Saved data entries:
- - -

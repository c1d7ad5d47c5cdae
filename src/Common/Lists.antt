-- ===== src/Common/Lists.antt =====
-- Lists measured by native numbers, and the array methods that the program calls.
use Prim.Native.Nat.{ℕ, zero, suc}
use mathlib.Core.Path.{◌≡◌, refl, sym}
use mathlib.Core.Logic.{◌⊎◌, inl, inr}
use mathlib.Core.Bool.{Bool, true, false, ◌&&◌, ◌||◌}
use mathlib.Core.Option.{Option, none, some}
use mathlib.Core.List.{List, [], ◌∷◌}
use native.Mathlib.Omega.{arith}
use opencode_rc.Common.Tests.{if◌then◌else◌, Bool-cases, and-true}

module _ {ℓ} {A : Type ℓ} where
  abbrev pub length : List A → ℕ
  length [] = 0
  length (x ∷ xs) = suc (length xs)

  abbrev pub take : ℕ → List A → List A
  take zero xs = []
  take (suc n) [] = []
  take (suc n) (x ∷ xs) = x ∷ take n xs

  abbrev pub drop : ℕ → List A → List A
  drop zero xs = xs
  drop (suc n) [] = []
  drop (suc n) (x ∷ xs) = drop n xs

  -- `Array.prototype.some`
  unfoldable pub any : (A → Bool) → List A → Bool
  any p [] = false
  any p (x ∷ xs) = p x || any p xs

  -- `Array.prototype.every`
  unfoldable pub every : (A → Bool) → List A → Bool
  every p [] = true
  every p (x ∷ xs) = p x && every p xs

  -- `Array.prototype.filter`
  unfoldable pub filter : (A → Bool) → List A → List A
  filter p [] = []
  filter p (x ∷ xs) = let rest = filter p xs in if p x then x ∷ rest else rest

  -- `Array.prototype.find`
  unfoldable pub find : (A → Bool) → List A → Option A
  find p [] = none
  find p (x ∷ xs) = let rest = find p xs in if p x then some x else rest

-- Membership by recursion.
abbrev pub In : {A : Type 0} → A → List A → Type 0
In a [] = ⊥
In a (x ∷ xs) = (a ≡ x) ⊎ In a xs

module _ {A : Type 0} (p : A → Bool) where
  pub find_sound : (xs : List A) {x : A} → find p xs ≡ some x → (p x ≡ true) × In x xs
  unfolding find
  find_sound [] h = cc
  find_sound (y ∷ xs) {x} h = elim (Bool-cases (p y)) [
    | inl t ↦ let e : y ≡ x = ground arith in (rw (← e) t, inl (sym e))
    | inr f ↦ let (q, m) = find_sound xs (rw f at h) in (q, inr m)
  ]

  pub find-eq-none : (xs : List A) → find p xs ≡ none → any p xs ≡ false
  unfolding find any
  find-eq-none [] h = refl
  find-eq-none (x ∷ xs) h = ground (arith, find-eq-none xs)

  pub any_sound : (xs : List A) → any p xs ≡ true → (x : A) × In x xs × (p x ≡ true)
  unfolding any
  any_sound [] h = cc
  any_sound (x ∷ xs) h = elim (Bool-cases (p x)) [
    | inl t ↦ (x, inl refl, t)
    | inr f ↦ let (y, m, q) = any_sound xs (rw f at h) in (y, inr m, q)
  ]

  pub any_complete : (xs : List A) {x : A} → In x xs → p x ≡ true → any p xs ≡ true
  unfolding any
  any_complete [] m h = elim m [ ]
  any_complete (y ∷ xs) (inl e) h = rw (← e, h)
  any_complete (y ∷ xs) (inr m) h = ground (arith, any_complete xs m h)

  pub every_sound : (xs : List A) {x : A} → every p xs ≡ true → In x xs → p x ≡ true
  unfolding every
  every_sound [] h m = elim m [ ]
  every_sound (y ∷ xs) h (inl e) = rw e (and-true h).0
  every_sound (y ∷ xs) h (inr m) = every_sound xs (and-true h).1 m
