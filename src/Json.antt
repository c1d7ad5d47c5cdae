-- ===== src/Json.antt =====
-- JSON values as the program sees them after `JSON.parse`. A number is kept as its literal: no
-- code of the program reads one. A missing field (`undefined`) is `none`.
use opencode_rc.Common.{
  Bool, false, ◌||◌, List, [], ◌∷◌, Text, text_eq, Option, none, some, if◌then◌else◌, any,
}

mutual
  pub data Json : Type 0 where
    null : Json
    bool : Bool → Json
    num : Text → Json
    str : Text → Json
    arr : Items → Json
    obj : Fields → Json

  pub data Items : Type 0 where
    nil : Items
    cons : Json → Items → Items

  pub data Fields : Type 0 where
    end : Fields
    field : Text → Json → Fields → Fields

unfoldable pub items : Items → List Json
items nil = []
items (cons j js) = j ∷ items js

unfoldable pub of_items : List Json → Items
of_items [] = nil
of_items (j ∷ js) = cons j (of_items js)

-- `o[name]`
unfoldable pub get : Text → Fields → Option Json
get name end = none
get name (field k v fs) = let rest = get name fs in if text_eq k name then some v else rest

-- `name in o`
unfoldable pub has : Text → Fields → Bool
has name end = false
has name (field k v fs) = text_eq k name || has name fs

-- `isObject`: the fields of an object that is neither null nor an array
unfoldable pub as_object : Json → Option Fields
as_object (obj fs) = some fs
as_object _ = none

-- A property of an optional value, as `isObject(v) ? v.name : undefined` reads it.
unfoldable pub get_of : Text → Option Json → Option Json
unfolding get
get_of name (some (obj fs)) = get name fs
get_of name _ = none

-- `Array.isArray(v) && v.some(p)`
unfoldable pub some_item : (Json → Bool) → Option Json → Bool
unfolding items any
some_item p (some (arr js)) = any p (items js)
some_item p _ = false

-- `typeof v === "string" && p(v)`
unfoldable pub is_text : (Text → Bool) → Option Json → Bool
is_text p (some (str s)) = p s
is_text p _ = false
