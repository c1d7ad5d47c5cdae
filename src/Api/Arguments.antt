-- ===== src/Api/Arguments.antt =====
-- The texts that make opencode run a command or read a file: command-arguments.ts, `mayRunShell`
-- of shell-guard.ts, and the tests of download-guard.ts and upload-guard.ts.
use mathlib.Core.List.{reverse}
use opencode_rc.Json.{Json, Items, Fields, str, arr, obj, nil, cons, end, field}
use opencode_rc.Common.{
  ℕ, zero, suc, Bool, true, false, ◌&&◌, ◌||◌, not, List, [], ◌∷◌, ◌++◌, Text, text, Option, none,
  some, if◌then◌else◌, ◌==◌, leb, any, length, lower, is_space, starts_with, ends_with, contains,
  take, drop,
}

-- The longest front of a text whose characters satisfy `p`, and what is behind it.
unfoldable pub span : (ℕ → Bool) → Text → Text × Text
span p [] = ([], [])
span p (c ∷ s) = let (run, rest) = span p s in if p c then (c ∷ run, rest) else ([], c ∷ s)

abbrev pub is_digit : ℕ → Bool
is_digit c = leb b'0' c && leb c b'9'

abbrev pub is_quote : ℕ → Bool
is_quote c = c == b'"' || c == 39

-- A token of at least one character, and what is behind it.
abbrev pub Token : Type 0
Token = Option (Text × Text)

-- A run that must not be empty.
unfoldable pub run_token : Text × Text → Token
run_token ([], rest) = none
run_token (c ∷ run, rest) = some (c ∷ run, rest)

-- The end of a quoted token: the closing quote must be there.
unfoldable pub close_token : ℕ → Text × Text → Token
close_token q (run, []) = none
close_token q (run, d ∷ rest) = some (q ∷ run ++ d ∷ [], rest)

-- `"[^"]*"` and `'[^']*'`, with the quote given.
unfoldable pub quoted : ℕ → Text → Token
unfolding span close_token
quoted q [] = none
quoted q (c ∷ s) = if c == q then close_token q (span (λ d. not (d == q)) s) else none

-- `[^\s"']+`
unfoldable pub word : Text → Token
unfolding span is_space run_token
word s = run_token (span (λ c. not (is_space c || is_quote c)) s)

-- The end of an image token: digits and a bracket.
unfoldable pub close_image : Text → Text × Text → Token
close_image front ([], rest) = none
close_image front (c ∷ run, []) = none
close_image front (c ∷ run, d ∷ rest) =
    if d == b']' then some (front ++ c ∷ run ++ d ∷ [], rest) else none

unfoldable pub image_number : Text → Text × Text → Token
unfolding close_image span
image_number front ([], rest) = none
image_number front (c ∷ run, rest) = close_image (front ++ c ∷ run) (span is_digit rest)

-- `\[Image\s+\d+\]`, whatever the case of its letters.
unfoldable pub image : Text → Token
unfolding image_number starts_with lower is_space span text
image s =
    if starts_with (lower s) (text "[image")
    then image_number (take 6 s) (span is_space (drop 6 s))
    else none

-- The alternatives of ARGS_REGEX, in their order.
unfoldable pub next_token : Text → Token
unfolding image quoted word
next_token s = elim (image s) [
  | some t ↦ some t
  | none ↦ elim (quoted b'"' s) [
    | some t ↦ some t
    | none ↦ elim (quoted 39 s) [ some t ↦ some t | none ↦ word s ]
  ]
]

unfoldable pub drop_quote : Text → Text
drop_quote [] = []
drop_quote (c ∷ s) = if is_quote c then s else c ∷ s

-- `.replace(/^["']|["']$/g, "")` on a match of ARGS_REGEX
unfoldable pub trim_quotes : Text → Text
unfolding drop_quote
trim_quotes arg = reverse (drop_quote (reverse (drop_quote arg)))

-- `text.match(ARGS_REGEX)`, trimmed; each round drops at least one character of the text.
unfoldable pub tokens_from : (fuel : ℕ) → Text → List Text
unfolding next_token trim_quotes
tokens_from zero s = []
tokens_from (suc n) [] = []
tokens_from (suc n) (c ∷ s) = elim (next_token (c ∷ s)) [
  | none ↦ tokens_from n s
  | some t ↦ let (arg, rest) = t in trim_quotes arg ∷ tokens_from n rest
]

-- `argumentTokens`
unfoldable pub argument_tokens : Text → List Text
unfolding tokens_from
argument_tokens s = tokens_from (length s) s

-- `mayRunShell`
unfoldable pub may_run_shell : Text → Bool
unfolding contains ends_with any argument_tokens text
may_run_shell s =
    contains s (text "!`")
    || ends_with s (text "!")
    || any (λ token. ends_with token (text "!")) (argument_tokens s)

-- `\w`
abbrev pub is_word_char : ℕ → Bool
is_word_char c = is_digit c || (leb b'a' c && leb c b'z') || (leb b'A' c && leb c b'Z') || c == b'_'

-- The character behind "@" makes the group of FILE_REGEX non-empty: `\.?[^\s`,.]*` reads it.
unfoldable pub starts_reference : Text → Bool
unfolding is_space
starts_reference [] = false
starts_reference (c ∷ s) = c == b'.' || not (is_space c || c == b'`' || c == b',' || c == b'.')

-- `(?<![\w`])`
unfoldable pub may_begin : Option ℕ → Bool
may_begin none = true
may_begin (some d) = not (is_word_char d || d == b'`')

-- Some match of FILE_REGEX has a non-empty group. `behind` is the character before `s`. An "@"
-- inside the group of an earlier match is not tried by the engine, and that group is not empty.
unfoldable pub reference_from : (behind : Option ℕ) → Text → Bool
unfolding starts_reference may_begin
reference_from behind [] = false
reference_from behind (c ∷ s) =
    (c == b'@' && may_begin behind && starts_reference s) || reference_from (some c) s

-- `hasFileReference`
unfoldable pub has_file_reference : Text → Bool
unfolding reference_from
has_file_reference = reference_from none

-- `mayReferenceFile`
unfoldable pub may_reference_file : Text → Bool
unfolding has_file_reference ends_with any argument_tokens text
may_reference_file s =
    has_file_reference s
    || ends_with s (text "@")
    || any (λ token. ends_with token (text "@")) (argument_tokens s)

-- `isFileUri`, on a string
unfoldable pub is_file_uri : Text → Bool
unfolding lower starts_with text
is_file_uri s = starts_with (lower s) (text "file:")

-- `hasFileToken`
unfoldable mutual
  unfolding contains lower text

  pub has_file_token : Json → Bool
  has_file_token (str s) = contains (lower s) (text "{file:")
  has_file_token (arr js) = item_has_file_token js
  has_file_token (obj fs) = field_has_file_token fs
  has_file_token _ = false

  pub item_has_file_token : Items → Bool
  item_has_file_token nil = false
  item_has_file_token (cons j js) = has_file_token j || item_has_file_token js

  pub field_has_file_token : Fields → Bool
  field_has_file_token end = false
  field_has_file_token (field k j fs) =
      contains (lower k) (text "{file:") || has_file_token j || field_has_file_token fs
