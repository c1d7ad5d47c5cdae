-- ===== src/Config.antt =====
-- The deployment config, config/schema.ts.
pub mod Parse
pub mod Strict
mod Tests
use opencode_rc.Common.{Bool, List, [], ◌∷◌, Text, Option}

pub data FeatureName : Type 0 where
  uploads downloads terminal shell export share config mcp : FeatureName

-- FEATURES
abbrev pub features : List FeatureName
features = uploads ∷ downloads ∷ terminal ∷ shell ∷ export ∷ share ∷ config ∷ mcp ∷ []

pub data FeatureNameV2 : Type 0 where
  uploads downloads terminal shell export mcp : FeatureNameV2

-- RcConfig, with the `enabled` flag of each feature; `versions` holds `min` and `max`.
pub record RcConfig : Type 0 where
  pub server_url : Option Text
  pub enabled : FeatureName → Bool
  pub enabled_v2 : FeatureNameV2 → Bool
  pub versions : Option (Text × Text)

- - -

WORK ITEM: Above are the records. Copy the lines beginning at the one that has "argument_tokens s = tokens_from (length s) s" and ending with the one that has "may_begin none = true", unchanged.

TASK OUTPUT:
argument_tokens s = tokens_from (length s) s

-- `mayRunShell`
unfoldable pub may_run_shell : Text → Bool
unfolding contains ends_with any argument_tokens text
may_run_shell s =
    contains s (text "!`")
    || ends_with s (text "!")
    || any (λ token. ends_with token (text "!")) (argument_tokens s)

-- `\w`
abbrev pub is_word_char : ℕ → Bool
is_word_char c = is_digit c || (leb b'a' c && leb c b'z') || (leb b'A' c && leb c b'Z') || c == b'_'

-- The character behind "@" makes the group of FILE_REGEX non-empty: `\.?[^\s`,.]*` reads it.
unfoldable pub starts_reference : Text → Bool
unfolding is_space
starts_reference [] = false
starts_reference (c ∷ s) = c == b'.' || not (is_space c || c == b'`' || c == b',' || c == b'.')

-- `(?<![\w`])`
unfoldable pub may_begin : Option ℕ → Bool
may_begin none = true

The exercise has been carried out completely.